◆ TASK STATEMENT:
The answer should be the lines from the one with "Faults j → Result" through the final line of the entries, restated word for word.

Records from a data source:

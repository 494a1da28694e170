-- ===== src/Graph.antt =====
-- The code graph (internal/graph): kinds, the two tables and their writer, the queries, the JSON
-- document and the search for paths.
pub mod Kinds
pub mod Model
pub mod Store
pub mod Query
pub mod Reader
pub mod Resolve
pub mod Document
pub mod Paths
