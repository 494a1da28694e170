-- ===== src/Graph/Document.antt =====
-- The JSON document of Export and Import (internal/graph/query.go). Reading and writing JSON text is
-- encoding/json's, so the model starts and ends at the decoded document.
pub mod Accepted
pub mod Rows
pub mod RoundTrip
use interactivecodebase.Base.{
  ℕ, zero, suc, String, ◌==◌, string_eq, nat_eq, Bool, true, false, ◌||◌, Option, none, some, List,
  [], ◌∷◌, ◌++◌, map, Result, ok, err, ◌>>=◌, contains, leb, if◌then◌else◌,
}
use interactivecodebase.Base.Sort.{sort_by}
use interactivecodebase.Graph.Model.{
  Node, Edge, GraphError, not_found, unsupported_version, unknown_node, Json,
}
use interactivecodebase.Graph.Store.{Tables, Script, return, node, edge, Faults, write}
use interactivecodebase.Graph.Query.{scan_all, scan_edge, get_node, get_nodes, no_filter}

-- `FormatVersion`
abbrev pub format_version : ℕ
format_version = 1

pub record Document : Type 0 where
  pub version : ℕ
  pub nodes : List Node
  pub edges : List Edge

module _ (j : Json) where
  -- `Graph.Export`, up to the encoder: edges ORDER BY e.id.
  unfoldable pub export_document : Tables → Result GraphError Document
  export_document t = do
    nodes ← get_nodes j no_filter t
    edges ← scan_all (scan_edge j) (sort_by (λ a b. leb a.id b.id) t.edges)
    ok (record { version = format_version; nodes = nodes; edges = edges })

  -- One end of the edge at index `i`: it must be in the document or in the graph.
  unfoldable pub check_end : ℕ → String → Tables → List String → Result GraphError (List String)
  check_end i end t known = if contains known end then ok known else elim (get_node j end t) [
    | ok n ↦ ok (end ∷ known)
    | err (not_found id) ↦ err (unknown_node i end)
    | err e ↦ err e
  ]

  -- The loop over `doc.Edges`.
  unfoldable pub check_ends : ℕ → List Edge → Tables → List String → Result GraphError (List String)
  check_ends i [] t known = ok known
  check_ends i (e ∷ edges) t known = do
    known' ← check_end i e.from t known
    known'' ← check_end i e.to t known'
    check_ends (suc i) edges t known''

  -- The callback of `Write`: the first error ends it.
  unfoldable pub add_edges : List Edge → Script j
  add_edges [] = return none
  add_edges (e ∷ edges) =
      edge e (λ failed. elim failed [ none ↦ add_edges edges | some x ↦ return (some x) ])

  unfoldable pub add_all : List Node → List Edge → Script j
  add_all [] edges = add_edges edges
  add_all (n ∷ nodes) edges =
      node n (λ failed. elim failed [ none ↦ add_all nodes edges | some x ↦ return (some x) ])

  -- `Graph.Import`, from the decoder's result on.
  unfoldable pub import_document :
      Faults j → Result GraphError Document → Tables → List GraphError × Tables
  import_document f (err e) t = (e ∷ [], t)
  import_document f (ok doc) t =
      if doc.version == 0 || doc.version == format_version
      then (elim (check_ends 0 doc.edges t (map (λ n. n.id) doc.nodes)) [
        | err e ↦ (e ∷ [], t)
        | ok known ↦ write j f (add_all doc.nodes doc.edges) t
      ])
      else (unsupported_version doc.version ∷ [], t)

◆ REPLY:
      Faults j → Result GraphError Document → Tables → List GraphError × Tables
  import_document f (err e) t = (e ∷ [], t)
  import_document f (ok doc) t =
      if doc.version == 0 || doc.version == format_version
      then (elim (check_ends 0 doc.edges t (map (λ n. n.id) doc.nodes)) [
        | err e ↦ (e ∷ [], t)
        | ok known ↦ write j f (add_all doc.nodes doc.edges) t
      ])
      else (unsupported_version doc.version ∷ [], t)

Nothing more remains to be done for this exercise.